Why China will lead the world and why the West will become socialist

Konstantin Yuon

Konstantin Yuon, ‘A New Planet,’ 1921. Tempera on cardboard, The Tretyakov Gallery, Moscow

The West:

‘…it is not difficult to see that ours is a birth-time and a period of transition to a new era. Spirit has broken with the world it has hitherto inhabited and imagined, and is of a mind to submerge it in the past, and in the labour of its own transformation. Spirit is indeed never at rest but always engaged in moving forward. But just as the first breath drawn by a child after its long, quiet nourishment breaks the gradualness of merely quantitative growth – there is a qualitative leap, and the child is born – so likewise the Spirit in its formation matures slowly and quietly into its new shape, dissolving bit by bit the structure of its previous world, whose tottering state is only hinted at by isolated symptoms. The frivolity and boredom which unsettle the established order, the vague foreboding of something unknown, these are the heralds of approaching change. The gradual crumbling that left unaltered the face of the whole is cut short by a sunburst which, in one flash, illuminates the features of the new world.’

G.W.F.Hegel, Hegel’s Phenomenology of Spirit, Trans., A.V.Miller, Oxford University Press, Oxford, 1977, 6-7

1280px-A_maglev_train_coming_out,_Pudong_International_Airport,_Shanghai

Shanghai maglev train

China:

‘What, particularly, makes old capitalism so far prevail over young socialism? It is not because of the riches it possesses, nor the gold it keeps in cellars, nor the volume of accumulated and stolen wealth. Past accumulations of wealth may have their importance, but they are not the determining factors. A living society cannot exist on old accumulations; it feeds on the products of living labour. Despite all her riches, ancient Rome could not withstand the onslaught of the ‘barbarians’, when they developed a higher productive capacity than that of her decaying regime of slavery. The bourgeois society of France, roused by the Great Revolution, simply looted the wealth accumulated from the Middle Ages by the aristocratic town communities of France. Were output in America to fall below the European standard, the nine milliards of gold kept in the cellars of her banks, would not help her. The economic superiority of bourgeois states lies in the fact that so far capitalism produces cheaper goods than socialism and of a better quality. In other words, the output, so far, is still much higher in countries living by the inertia of old capitalist civilisation than in a country which has only just begun to adopt socialist methods under inherited uncivilised conditions.

We know the fundamental law of history – in the end that regime will conquer which ensures human society a higher economic standard. …

A State which possesses nationalised industries, a monopoly of foreign trade, the monopoly of attracting foreign capital to one or other branch of its economy, has at its disposal a vast arsenal of resources by means of which it can speed up the rate of economic development.’

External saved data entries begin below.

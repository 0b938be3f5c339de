-- ===== src/Store/Seek/Read.antt =====
-- SearchWebM on a file that is long enough (src/common/webm_parser.c).
use p2p_live_streming_system.Prelude.{
  ℕ, ◌+◌, ◌≤◌, ◌<◌, ◌≡◌, ◌∙◌, arith, length, take, drop, read, read-ext_below, read-shift, at,
  shift, Buf,
}
use p2p_live_streming_system.Store.{Store}
use p2p_live_streming_system.Store.Seek.{search_webm}

pub search_webm-read :
    (s : Store) (old : Buf) (bytes count offset : ℕ)
    → offset + bytes ≤ s.total_file_bytes
    → offset + bytes ≤ length s.file
    → count ≤ bytes
    → read count (search_webm s old bytes offset) ≡ take count (drop offset s.file)
unfolding search_webm
search_webm-read s old bytes count offset room held small =
    read-ext_below count _ _ byte ∙ read-shift offset count s.file (omega arith)
  where
    byte : (i : ℕ) → i < count → search_webm s old bytes offset i ≡ shift (at s.file) offset i
    byte i h = ground arith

Leon Trotsky, Towards Socialism or Capitalism, 1925, New Park Publications, London, 1976, 29, 47

The result:

‘The war in China has given the death-blow to the old China. Isolation has become impossible; the introduction of railways, steam-engines, electricity, and modern large-scale industry has become a necessity, if only for reasons of military defence. But with it the old economic system of small peasant agriculture, where the family also made its industrial products itself, falls to pieces too, and with it the whole old social system which made relatively dense population possible. Millions will be turned out and forced to emigrate; and these millions will find their way even to Europe, and en masse. But as soon as Chinese competition sets in on a mass scale, it will rapidly bring things to a head in your country and over here, and thus the conquest of China by capitalism will at the same time furnish the impulse for the overthrow of capitalism in Europe and America…’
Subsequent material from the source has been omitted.